**** DATA UNDER STUDY

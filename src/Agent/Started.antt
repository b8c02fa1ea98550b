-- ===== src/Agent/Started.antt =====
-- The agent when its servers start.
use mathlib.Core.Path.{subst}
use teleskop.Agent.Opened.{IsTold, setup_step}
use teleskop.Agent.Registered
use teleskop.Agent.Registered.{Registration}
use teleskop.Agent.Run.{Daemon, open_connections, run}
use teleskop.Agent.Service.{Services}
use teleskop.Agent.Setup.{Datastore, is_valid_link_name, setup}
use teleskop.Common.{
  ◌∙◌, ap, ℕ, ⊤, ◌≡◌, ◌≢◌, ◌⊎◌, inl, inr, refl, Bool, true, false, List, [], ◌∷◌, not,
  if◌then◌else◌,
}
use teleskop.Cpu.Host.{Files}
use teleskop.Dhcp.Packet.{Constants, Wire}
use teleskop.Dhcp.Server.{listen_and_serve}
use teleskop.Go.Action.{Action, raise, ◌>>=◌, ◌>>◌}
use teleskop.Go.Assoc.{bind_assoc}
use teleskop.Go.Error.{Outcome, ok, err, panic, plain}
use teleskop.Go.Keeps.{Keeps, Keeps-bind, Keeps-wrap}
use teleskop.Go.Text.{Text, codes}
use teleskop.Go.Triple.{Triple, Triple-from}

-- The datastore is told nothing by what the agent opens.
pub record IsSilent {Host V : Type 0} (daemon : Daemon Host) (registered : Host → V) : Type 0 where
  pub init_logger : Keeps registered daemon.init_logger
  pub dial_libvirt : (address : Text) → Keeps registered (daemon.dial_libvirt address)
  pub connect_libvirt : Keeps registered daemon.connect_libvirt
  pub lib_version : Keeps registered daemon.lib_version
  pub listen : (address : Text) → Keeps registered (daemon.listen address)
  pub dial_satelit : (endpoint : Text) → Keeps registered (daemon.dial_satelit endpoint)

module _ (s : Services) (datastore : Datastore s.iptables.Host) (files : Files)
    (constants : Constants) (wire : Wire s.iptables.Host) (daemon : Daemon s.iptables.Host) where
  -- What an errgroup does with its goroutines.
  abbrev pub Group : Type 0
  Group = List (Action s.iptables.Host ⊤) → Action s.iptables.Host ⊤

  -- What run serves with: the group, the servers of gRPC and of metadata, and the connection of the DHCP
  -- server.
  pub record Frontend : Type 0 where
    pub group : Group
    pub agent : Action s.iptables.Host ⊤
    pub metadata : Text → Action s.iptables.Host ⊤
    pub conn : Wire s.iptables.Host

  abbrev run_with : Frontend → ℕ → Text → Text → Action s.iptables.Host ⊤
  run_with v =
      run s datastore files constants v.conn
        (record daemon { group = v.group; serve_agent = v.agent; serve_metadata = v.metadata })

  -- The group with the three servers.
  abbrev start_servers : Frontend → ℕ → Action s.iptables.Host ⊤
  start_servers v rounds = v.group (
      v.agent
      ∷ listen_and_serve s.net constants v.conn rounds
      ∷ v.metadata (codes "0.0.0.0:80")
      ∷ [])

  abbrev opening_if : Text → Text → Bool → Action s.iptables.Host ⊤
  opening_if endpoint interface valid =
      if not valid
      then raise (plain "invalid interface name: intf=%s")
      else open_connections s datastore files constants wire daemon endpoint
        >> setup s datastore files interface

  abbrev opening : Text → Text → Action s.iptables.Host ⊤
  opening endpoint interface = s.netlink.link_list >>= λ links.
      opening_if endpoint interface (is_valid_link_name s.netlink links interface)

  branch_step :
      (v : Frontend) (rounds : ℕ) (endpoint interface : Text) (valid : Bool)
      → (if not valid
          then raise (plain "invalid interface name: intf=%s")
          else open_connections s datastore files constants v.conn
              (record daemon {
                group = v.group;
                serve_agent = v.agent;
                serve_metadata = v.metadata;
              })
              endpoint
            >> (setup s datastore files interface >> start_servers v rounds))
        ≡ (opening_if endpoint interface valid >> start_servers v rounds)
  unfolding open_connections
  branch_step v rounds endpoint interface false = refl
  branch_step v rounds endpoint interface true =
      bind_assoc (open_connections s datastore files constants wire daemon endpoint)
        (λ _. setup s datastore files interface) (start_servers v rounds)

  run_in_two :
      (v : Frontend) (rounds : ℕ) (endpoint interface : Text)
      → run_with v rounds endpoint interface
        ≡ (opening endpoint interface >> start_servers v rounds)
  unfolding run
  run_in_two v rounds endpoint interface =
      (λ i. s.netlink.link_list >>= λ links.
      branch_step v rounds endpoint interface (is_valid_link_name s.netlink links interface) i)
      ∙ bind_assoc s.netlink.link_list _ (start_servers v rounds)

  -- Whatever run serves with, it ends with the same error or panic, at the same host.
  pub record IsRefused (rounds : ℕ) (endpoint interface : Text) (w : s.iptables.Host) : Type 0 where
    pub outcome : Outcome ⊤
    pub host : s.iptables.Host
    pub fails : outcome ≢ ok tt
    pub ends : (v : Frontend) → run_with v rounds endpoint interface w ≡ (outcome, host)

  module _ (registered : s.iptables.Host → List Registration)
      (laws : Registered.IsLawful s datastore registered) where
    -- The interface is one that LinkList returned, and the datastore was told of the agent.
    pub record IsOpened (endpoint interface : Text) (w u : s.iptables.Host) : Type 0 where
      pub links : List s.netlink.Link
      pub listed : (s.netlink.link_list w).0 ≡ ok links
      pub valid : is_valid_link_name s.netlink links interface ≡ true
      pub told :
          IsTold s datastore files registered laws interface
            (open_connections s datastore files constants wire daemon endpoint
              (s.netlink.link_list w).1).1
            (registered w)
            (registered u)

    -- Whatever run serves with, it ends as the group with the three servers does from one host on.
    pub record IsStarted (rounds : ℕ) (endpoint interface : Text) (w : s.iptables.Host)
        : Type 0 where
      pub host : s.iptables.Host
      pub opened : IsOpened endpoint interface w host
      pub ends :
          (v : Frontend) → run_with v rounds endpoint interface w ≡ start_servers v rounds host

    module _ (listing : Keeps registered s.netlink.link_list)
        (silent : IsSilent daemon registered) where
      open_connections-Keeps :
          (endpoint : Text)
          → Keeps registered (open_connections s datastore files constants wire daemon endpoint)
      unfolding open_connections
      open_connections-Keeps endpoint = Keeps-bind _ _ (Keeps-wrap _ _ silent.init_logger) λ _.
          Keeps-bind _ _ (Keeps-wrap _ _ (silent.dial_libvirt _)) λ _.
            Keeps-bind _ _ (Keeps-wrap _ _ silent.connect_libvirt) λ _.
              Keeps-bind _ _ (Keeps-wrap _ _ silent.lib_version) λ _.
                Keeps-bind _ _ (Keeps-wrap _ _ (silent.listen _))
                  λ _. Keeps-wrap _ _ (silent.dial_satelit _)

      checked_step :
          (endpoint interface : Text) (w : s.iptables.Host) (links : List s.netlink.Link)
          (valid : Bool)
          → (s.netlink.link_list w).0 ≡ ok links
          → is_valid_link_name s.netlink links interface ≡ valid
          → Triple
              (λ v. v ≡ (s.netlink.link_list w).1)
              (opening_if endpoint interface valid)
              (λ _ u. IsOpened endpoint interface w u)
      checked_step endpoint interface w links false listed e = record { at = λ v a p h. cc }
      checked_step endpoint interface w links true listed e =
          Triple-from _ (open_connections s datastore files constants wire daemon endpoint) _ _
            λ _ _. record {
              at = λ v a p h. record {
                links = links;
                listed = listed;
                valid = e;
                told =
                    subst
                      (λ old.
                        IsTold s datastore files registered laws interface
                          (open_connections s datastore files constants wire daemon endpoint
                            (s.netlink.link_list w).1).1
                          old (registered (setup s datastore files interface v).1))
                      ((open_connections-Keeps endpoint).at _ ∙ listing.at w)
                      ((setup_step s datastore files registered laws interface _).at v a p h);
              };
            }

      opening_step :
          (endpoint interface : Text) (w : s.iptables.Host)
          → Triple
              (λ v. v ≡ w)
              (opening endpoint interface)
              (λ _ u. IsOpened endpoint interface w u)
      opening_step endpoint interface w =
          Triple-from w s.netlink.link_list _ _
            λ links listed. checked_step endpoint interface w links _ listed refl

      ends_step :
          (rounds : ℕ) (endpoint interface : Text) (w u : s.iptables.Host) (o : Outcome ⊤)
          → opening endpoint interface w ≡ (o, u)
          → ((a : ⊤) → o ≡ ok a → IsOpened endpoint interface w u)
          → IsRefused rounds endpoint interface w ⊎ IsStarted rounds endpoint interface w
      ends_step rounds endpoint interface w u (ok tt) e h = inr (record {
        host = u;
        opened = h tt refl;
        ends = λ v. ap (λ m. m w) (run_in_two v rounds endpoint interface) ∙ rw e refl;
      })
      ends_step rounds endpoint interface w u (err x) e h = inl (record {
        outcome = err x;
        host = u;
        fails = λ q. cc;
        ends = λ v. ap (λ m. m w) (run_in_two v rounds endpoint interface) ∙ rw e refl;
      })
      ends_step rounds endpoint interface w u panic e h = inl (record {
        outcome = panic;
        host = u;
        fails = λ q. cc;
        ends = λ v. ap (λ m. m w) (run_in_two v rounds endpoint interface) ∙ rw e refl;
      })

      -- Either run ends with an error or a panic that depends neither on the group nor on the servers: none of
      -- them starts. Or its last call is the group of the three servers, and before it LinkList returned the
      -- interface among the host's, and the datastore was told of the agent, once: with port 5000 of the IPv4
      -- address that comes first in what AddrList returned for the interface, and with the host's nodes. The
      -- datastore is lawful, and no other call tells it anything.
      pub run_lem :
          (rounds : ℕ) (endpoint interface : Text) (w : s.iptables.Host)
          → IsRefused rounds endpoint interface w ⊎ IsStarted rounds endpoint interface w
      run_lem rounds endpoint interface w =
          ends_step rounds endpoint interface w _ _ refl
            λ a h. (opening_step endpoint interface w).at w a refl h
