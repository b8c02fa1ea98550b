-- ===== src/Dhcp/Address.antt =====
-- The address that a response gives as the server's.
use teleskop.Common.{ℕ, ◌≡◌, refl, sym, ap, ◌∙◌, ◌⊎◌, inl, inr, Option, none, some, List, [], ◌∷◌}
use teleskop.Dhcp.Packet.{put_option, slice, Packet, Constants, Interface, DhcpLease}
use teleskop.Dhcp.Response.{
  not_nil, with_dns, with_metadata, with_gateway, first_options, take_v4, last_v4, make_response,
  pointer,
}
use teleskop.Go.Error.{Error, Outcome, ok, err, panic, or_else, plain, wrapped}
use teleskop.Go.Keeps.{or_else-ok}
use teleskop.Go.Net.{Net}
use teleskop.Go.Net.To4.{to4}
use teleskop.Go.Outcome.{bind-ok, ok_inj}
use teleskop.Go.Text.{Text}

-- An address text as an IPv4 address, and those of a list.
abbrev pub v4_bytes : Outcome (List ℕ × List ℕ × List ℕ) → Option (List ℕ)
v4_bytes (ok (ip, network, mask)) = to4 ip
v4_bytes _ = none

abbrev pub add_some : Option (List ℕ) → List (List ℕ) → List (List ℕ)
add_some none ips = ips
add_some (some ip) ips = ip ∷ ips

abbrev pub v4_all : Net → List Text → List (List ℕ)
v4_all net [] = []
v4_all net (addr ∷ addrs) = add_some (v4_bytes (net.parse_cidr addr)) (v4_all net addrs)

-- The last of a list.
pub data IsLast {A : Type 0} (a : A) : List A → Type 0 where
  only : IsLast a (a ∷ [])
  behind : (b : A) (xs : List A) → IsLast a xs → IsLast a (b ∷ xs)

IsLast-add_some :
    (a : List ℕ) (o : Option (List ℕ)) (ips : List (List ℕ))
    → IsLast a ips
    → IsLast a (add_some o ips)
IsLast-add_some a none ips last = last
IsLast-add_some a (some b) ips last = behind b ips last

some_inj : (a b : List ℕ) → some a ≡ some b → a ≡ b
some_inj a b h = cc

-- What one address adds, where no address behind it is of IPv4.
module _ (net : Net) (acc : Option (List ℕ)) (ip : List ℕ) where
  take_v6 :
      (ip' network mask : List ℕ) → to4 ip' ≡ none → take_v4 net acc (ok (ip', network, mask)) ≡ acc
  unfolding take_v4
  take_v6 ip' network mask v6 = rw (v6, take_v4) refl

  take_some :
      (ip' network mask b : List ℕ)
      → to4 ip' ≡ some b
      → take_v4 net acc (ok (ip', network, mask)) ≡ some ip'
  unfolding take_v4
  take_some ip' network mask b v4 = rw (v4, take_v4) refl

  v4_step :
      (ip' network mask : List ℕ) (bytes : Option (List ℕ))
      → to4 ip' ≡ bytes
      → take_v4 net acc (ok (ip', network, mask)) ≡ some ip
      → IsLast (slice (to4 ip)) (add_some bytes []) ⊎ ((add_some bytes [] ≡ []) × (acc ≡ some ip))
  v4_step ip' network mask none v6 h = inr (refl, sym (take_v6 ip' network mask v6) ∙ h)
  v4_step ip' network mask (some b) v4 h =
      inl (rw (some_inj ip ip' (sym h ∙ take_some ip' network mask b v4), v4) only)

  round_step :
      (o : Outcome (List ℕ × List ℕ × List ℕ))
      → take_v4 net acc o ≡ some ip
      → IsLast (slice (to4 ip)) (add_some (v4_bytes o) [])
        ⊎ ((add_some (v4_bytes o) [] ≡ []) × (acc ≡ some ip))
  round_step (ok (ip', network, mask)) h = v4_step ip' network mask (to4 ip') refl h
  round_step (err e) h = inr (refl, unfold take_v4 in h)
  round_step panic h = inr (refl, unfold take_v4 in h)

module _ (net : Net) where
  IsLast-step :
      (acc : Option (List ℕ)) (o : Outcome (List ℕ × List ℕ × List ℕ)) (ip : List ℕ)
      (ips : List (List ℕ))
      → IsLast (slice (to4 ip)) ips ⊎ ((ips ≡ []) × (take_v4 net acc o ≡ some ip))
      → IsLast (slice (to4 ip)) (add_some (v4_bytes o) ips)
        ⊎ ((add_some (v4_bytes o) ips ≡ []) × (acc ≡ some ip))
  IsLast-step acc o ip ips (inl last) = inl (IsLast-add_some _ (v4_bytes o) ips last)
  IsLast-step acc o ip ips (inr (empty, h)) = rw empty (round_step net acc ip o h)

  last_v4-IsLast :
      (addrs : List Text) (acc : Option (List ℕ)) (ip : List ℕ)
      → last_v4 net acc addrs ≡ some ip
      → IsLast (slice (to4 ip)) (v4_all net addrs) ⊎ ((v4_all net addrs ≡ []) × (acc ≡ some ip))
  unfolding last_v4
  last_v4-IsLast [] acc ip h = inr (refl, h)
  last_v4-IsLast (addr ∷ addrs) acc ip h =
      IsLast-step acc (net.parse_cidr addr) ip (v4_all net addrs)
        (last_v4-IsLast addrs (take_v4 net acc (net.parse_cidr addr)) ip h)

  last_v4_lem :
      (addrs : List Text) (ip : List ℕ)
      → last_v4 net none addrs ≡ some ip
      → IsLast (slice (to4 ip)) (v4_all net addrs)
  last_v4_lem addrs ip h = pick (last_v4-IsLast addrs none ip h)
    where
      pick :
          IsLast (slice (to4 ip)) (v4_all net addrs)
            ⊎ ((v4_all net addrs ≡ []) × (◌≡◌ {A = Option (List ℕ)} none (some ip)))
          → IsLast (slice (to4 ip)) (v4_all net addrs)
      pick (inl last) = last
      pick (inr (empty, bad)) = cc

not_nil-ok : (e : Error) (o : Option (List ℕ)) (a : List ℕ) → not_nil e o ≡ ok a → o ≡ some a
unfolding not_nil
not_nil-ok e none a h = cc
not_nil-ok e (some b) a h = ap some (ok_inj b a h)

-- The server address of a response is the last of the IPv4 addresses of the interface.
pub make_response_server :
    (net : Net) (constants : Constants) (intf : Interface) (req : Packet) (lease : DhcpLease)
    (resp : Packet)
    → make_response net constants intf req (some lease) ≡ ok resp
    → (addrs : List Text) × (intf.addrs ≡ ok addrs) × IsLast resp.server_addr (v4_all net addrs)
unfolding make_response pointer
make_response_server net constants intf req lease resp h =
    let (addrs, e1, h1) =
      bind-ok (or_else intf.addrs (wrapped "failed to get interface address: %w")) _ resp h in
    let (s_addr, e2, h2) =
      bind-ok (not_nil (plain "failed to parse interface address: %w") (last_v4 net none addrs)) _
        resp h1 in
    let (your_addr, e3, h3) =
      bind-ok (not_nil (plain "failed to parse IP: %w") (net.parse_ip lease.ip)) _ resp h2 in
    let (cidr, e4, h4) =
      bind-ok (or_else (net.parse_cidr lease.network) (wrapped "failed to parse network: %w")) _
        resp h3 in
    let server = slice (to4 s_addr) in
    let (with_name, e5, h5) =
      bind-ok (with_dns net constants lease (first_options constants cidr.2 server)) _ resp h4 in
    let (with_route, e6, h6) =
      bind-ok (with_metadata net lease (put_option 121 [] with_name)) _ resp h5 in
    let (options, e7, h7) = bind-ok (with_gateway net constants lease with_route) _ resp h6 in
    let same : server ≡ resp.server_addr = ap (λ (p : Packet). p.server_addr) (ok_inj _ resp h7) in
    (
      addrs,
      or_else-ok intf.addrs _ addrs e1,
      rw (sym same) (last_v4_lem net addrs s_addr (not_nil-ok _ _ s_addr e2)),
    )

********

* **TRY IT**
The entries above hold the needed span. Transcribe exactly the lines from the one with "o ≡ some ip))" to the one with "not_nil-ok e none a h = cc", both included.

* **ANSWER TO THIS EXERCISE**
      → IsLast (slice (to4 ip)) ips ⊎ ((ips ≡ []) × (take_v4 net acc o ≡ some ip))
      → IsLast (slice (to4 ip)) (add_some (v4_bytes o) ips)
        ⊎ ((add_some (v4_bytes o) ips ≡ []) × (acc ≡ some ip))
  IsLast-step acc o ip ips (inl last) = inl (IsLast-add_some _ (v4_bytes o) ips last)
  IsLast-step acc o ip ips (inr (empty, h)) = rw empty (round_step net acc ip o h)

  last_v4-IsLast :
      (addrs : List Text) (acc : Option (List ℕ)) (ip : List ℕ)
      → last_v4 net acc addrs ≡ some ip
      → IsLast (slice (to4 ip)) (v4_all net addrs) ⊎ ((v4_all net addrs ≡ []) × (acc ≡ some ip))
  unfolding last_v4
  last_v4-IsLast [] acc ip h = inr (refl, h)
  last_v4-IsLast (addr ∷ addrs) acc ip h =
      IsLast-step acc (net.parse_cidr addr) ip (v4_all net addrs)
        (last_v4-IsLast addrs (take_v4 net acc (net.parse_cidr addr)) ip h)

  last_v4_lem :
      (addrs : List Text) (ip : List ℕ)
      → last_v4 net none addrs ≡ some ip
      → IsLast (slice (to4 ip)) (v4_all net addrs)
  last_v4_lem addrs ip h = pick (last_v4-IsLast addrs none ip h)
    where
      pick :
          IsLast (slice (to4 ip)) (v4_all net addrs)
            ⊎ ((v4_all net addrs ≡ []) × (◌≡◌ {A = Option (List ℕ)} none (some ip)))
          → IsLast (slice (to4 ip)) (v4_all net addrs)
      pick (inl last) = last
      pick (inr (empty, bad)) = cc

not_nil-ok : (e : Error) (o : Option (List ℕ)) (a : List ℕ) → not_nil e o ≡ ok a → o ≡ some a
unfolding not_nil
not_nil-ok e none a h = cc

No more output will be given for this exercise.